Pin 5 on the 555 timer is the control voltage pin. I connected the Vo pin (voltage output) of the IR sensor to Pin 5 (you can check this in my schematic). To connect the two 555 timers, I connected one timer’s reset pin (Pin 4) to the other timer’s output pin (Pin 3).
IR Sensor
In my first test (using a single 555 for tempo change), I found the result to be less obvious for tempo changes (I should have tested pitch first), which slowed me down quite a bit. I read the datasheet of the GP2Y0A41SK0F, a short-range IR sensor. After that, I started to add the pitch part into my circuit, and it turned out that the pitch change is much more obvious compared to tempo, which made me happy.
Besides building the circuit, I observed something interesting: both pitch and tempo are not linear when I move the cube linearly. I looked at the datasheet again and found that the output voltage follows a curve, with a peak at 4 cm. So one of the tasks I asked the class to do was to find its lowest and slowest position. The answer is obvious if you look at the datasheet—it’s 4 cm by 4 cm.
Enclosure Design
I’ve always wanted to combine my hobbies with my professional practice, and I finally decided to do that in this project. I had the idea of making a soft instrument last semester, but it was just in my head. In this case, I decided to crochet the cover of my 3D-printed enclosure, which can also be considered the solid structure.

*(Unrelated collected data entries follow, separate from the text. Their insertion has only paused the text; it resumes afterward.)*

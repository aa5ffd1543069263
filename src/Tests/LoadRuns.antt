-- ===== src/Tests/LoadRuns.antt =====
-- The loading of configuration files at concrete inputs.
use bmd.Prelude.{
  ◌≡◌, refl, true, false, none, some, [], ◌∷◌, str_eq, Option, codes, All, arith, Str, ℕ,
}
use bmd.Conf.Vars.{Variables, get_var0}
use bmd.Conf.Create.Ids.{IdList}
use bmd.Conf.Setters.{set_memory_size}
use bmd.Parser.Values.{parse_memory, parse_loader, parse_ncpu}
use bmd.Vm.{State}
use bmd.Daemon.Reload.{reload_virtual_machines}
use bmd.Global.{gl_conf0, no_global_conf}
use bmd.Parser.Mpool.{mperr_alloc, new_block}
use bmd.Parser.Tokens.{CfToken, TokenKind, text, token_to_string}
use bmd.Parser.Sections.{CfValue, CfParam, CfSection, Loading, Run, SectionEnv, vm_conf_set_params}
use bmd.Parser.Sections.Applied.{Ends, vm_conf_set_params-Ends}
use bmd.Parser.Sections.Marked.{unapplied-le_length}
use bmd.Parser.Files.{FileKind, exited, FileEnv}
use bmd.Parser.Load.{LoadEnv, load_globals, load_vms}
use bmd.Parser.Load.Root.{of_root, load_globals-of_root}
use bmd.Parser.Load.Checked.{AreChecked, load_vms-AreChecked}
use bmd.Parser.ConfigFile.{loaded, tree, first_vars, load_config_file}
use bmd.Parser.ConfigFile.Missing.{load_missing_file}
use bmd.Tests.Samples.{sample_conf, sample_plugins, sample_env, daemon_in}

abbrev token : TokenKind → CfToken
token k = record { kind = k; filename = codes "/usr/local/etc/bmd.conf"; lineno = 1 }

abbrev pub word : Str → CfToken
word s = token (TokenKind.str s)

abbrev pub value_of : Str → CfValue
value_of s = record { tokens = word s ∷ []; args = [] }

abbrev param : Str → Str → CfParam
param key val = record { key = word key; vals = value_of val ∷ []; append = false }

abbrev some_vars : Variables
some_vars = record { global = none; local = some ((codes "ID", codes "7") ∷ []); args = none }

-- disk-${ID}.img, where the second part has the suffix.
put_together :
    token_to_string
      (some some_vars)
      (word (codes "disk-") ∷ token (TokenKind.var (codes "ID")) ∷ word (codes ".img") ∷ [])
    ≡ text (codes "disk-7.img")
unfolding token_to_string get_var0 str_eq
put_together = refl

-- A template with an argument, which applies itself.
abbrev pub base_template : CfSection
base_template = record {
  name = codes "base";
  params =
      record {
        key = word (codes "memory");
        vals = record { tokens = token (TokenKind.var (codes "mem")) ∷ []; args = [] } ∷ [];
        append = false;
      }
      ∷ param (codes ".apply") (codes "base")
      ∷ [];
  argdefs = record { name = codes "mem"; tokens = word (codes "1G") ∷ [] } ∷ [];
  applied = 0;
  duplicate = 0;
  owner = 0;
  filename = codes "/usr/local/etc/bmd.conf";
}

abbrev pub vm_section : CfSection
vm_section = record {
  name = codes "vm1";
  params =
      record {
        key = word (codes ".apply");
        vals =
            record { tokens = word (codes "base") ∷ []; args = (word (codes "4G") ∷ []) ∷ [] } ∷ [];
        append = false;
      }
      ∷ param (codes "ncpu") (codes "2")
      ∷ param (codes "loader") (codes "uefi")
      ∷ [];
  argdefs = [];
  applied = 0;
  duplicate = 0;
  owner = 1001;
  filename = codes "/home/alice/vm1.conf";
}

abbrev pub section_env : SectionEnv
section_env = record {
  parser = record {
    getpwnam = λ name. some 1001;
    getgrnam = λ name. some 5;
    in_group = λ name gid. true;
    method_exists = λ name. true;
  };
  parse_config = λ name. none;
}

abbrev no_ids : IdList
no_ids = record { entries = []; lastid = 0 }

abbrev loading : Loading
loading = record {
  conf = record sample_conf {
    vars = record { global = none; local = some []; args = none };
    memory = none;
  };
  pl_data = sample_plugins;
  templates = base_template ∷ [];
}

vm_conf_set_params-Ends_example :
    Ends (base_template ∷ []) (vm_conf_set_params 2 section_env vm_section.params loading)
vm_conf_set_params-Ends_example =
    vm_conf_set_params-Ends 2 section_env vm_section.params loading
      (omega (arith, unapplied-le_length (base_template ∷ [])))

-- What the parser asks of the system where there is no file.
abbrev pub no_files : FileEnv
no_files = record {
  realpath = λ f. none;
  readable = λ f. true;
  kind = λ f. FileKind.regular;
  opens = λ f. true;
  fork = true;
  yyparse =
      λ f ctx pools. exited true ctx (record (new_block 4096) { error_number = mperr_alloc } ∷ []);
}

abbrev load_env : LoadEnv
load_env = record {
  files = no_files;
  sections = section_env;
  getpwuid = λ uid. some (codes "alice");
  plugins = λ dir. [];
}

load_vms-AreChecked_example :
    AreChecked
      (load_vms load_env 2 [] sample_plugins (base_template ∷ []) (vm_section ∷ []) no_ids [])
load_vms-AreChecked_example =
    load_vms-AreChecked load_env 2 [] sample_plugins (base_template ∷ []) (vm_section ∷ []) no_ids
      [] (omega arith) tt

abbrev pub global_section : ℕ → Str → CfSection
global_section uid path = record {
  name = [];
  params = param (codes "pid_file") path ∷ [];
  argdefs = [];
  applied = 0;
  duplicate = 0;
  owner = uid;
  filename = codes "/home/alice/vm1.conf";
}

load_globals-of_root_example :
    load_globals no_global_conf some_vars
      (global_section 1001 (codes "/tmp/x") ∷ global_section 0 (codes "/tmp/y") ∷ [])
    ≡ load_globals no_global_conf some_vars
        (of_root (global_section 1001 (codes "/tmp/x") ∷ global_section 0 (codes "/tmp/y") ∷ []))
load_globals-of_root_example =
    load_globals-of_root no_global_conf some_vars
      (global_section 1001 (codes "/tmp/x") ∷ global_section 0 (codes "/tmp/y") ∷ [])

load_missing_file_example :
    (load_config_file load_env 1 1
        (record { update = true; wanted = true })
        (codes "/usr/local/etc/bmd.conf")
        gl_conf0
        no_ids
        (some 4096 ∷ [])
      ≡ loaded gl_conf0 (tree first_vars) no_ids [])
    × All
        (λ e. e.vm.state ≡ State.remove)
        (reload_virtual_machines (λ name. sample_env) (some []) (daemon_in State.run)).1.vm_list
unfolding reload_virtual_machines
load_missing_file_example =
    load_missing_file load_env 0 1 4096 (record { update = true; wanted = true })
      (codes "/usr/local/etc/bmd.conf") gl_conf0 no_ids [] (λ name. sample_env)
      (daemon_in State.run) refl (omega arith) refl refl

abbrev memory_of : Run → Option Str
memory_of (Run.done st) = st.conf.memory
memory_of _ = none

-- The template's memory, given as an argument.
applied : memory_of (vm_conf_set_params 2 section_env vm_section.params loading) ≡ some (codes "4G")
unfolding vm_conf_set_params token_to_string get_var0 str_eq set_memory_size parse_memory
    parse_loader parse_ncpu
applied = refl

The first cube I made had less consideration. I didn’t think about the mounting parts for both the speaker and the IR sensors, and honestly, it was a little too big. I wanted it to be as compact as possible. So I learned how to model and print a single test part for the cube so that I didn’t have to wait 12 hours to print a full cube just to see if the components would fit. But things happened anyway. It turned out that the test part was printed upright, but in the actual cube case it is the facade, so it condensed a little bit because of gravity. It still worked with screws—or maybe even better—but it wasn’t what I expected.
My next step is to add a switch to the circuit so that I don’t have to open the cube and plug in the battery every time I want to show people this project. Or maybe I should also use a motion detection sensor. Then whenever you move the cube, it will make noisy sounds! :)))) FUN!